### What you will do
Select, from the data, each line where "added" occurs.

[Data extracts Boundary: Start]

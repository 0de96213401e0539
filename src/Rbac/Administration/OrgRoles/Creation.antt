-- ===== src/Rbac/Administration/OrgRoles/Creation.antt =====
-- What `createOrgRole` of src/rbac/roleAdministration.ts makes on success: a role below the actor.
use dreamsso.Common.{
  ℕ, String, Bool, true, false, not, Option, none, some, ◌≡◌, refl, ap, ◌∙◌, subst, List, [], ◌∷◌,
  ◌++◌, find?, any, arith, string_eq, nat_eq, option_eq, beq_refl, if◌then◌else◌,
}
use dreamsso.Common.Int.{ℤ, int_eq}
use dreamsso.Common.Result.{ok, >>=-eq-ok, ok-injective, fail_if-ok, or_fail-ok}
use dreamsso.Common.Text.{codes}
use dreamsso.Json.{Fields, Json, get}
use dreamsso.Store.{Store, OrgRole}
use dreamsso.Rbac.Level.{Level, finite, le_level, ◌<ₗ◌}
use dreamsso.Rbac.Authz.{has_slug, get_role_level}
use dreamsso.Rbac.Administration.{lock_actors, write_audit, require_permission}
use dreamsso.Rbac.Administration.OrgRoles.{
  level_errors, no_errors, role_errors, read_role, insert_role, create_org_role, seed_role,
  default_org_role, is_slug, is_label, number_field,
}
use dreamsso.Rbac.Administration.OrgRoles.Below.{outranks}

find?-append :
    (p : OrgRole → Bool) (rs ss : List OrgRole) → any p rs ≡ false → find? p (rs ++ ss) ≡ find? p ss
find?-append p [] ss h = refl
find?-append p (r ∷ rs) ss h = ground (arith, find?-append p rs ss)

no_errors_append :
    (xs ys zs : List String) → no_errors (xs ++ ys ++ zs) ≡ true → no_errors zs ≡ true
no_errors_append [] [] zs h = h
no_errors_append [] (y ∷ ys) zs h = cc
no_errors_append (x ∷ xs) ys zs h = cc

level_errors-below :
    (actor : Level) (level : Option ℤ) (n : ℤ)
    → no_errors (level_errors actor level) ≡ true
    → level ≡ some n
    → le_level (finite n) actor ≡ false
unfolding level_errors
level_errors-below actor level n h e = ground arith

role_errors-below :
    (actor : Level) (slug label : String) (level : Option ℤ) (n : ℤ)
    → not (no_errors (role_errors actor slug label level)) ≡ false
    → level ≡ some n
    → le_level (finite n) actor ≡ false
unfolding role_errors
role_errors-below actor slug label level n clean e =
    level_errors-below actor level n
      (no_errors_append (if is_slug (codes slug) then [] else "slug" ∷ [])
        (if is_label label then [] else "label" ∷ []) (level_errors actor level) (ground arith))
      e

read_role-below :
    (number_of : Json → Option ℤ) (actor : Level) (body : Fields) (slug label : String) (n : ℤ)
    → read_role number_of actor body ≡ ok (slug, label, n)
    → le_level (finite n) actor ≡ false
unfolding read_role
read_role-below number_of actor body slug label n h =
    let (clean, h₁) = fail_if-ok (not (no_errors (role_errors actor _ _ _))) _ _ h in
    let (m, e, h₂) = or_fail-ok _ _ _ h₁ in
    role_errors-below actor _ _ (number_field number_of (get "level" body)) n clean
      (e ∙ ap (λ t. some t.2) (ok-injective h₂))

find?-absent :
    (slug : String) (rs : List OrgRole) (r : OrgRole)
    → any (has_slug slug) rs ≡ false
    → has_slug slug r ≡ true
    → find? (has_slug slug) (rs ++ r ∷ []) ≡ some r
find?-absent slug rs r free same = ground (arith, find?-append (has_slug slug) rs (r ∷ []))

-- What a created role is: its slug was free, it ranks strictly below the actor, it is no system role,
-- and it has the permissions and the app defaults of the default org role.
pub record Created (db : Store) (actor : ℕ) (db' : Store) (slug : String) : Type 0 where
  pub added : OrgRole
  pub free : any (has_slug slug) db.org_roles ≡ false
  pub found : find? (has_slug slug) db'.org_roles ≡ some added
  pub below : get_role_level db actor <ₗ finite added.level
  pub plain : added.is_system ≡ false
  pub permissions :
      (key : String) → db'.role_permissions slug key ≡ db.role_permissions (default_org_role db) key
  pub defaults :
      (client : String)
      → db'.org_role_app_defaults slug client
        ≡ db.org_role_app_defaults (default_org_role db) client

seed_role-Created :
    (db : Store) (actor : ℕ) (slug label : String) (n : ℤ)
    → any (has_slug slug) db.org_roles ≡ false
    → get_role_level db actor <ₗ finite n
    → Created db actor
        (write_audit (seed_role db slug label n (default_org_role db)) actor "role.create" none)
        slug
unfolding seed_role write_audit
seed_role-Created db actor slug label n free below = record {
  added = record { slug = slug; label = label; level = n; is_system = false };
  free = free;
  found = find?-absent slug db.org_roles _ free (beq_refl slug);
  below = below;
  plain = refl;
  permissions = λ key. ground (arith, beq_refl slug);
  defaults = λ client. ground (arith, beq_refl slug);
}

-- A successful creation made a role under a free slug, strictly below the actor, no system role,
-- with the permissions and the app defaults of the default org role.
pub create_org_role-Created :
    (number_of : Json → Option ℤ) (db : Store) (actor : ℕ) (body : Fields) (db' : Store)
    (slug : String)
    → create_org_role number_of db actor body ≡ ok (db', slug)
    → Created db actor db' slug
unfolding create_org_role insert_role
create_org_role-Created number_of db actor_sub body db' slug h =
    let (actor, locked, h₁) = >>=-eq-ok (lock_actors db actor_sub) _ h in
    let (_, _, h₂) = >>=-eq-ok (require_permission actor.granted "org.roles.create") _ h₁ in
    let ((s, label, n), read, h₃) = >>=-eq-ok (read_role number_of actor.level body) _ h₂ in
    let (mid, inserted, h₄) = >>=-eq-ok (insert_role db s label n) _ h₃ in
    let below = read_role-below number_of actor.level body s label n read in
    let (free, i₁) = fail_if-ok (any (has_slug s) db.org_roles) _ _ inserted in
    let (_, i₂) = fail_if-ok (not (any (has_slug (default_org_role db)) db.org_roles)) _ _ i₁ in
    subst (λ p. Created db actor_sub p.0 p.1) (ok-injective h₄)
      (subst (λ d. Created db actor_sub (write_audit d actor_sub "role.create" none) s)
        (ok-injective i₂)
        (seed_role-Created db actor_sub s label n free
          (outranks db actor_sub actor n locked below)))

[Data extracts Boundary: End]

### Solution
  pub added : OrgRole
  pub found : find? (has_slug slug) db'.org_roles ≡ some added
  pub below : get_role_level db actor <ₗ finite added.level
  pub plain : added.is_system ≡ false
  added = record { slug = slug; label = label; level = n; is_system = false };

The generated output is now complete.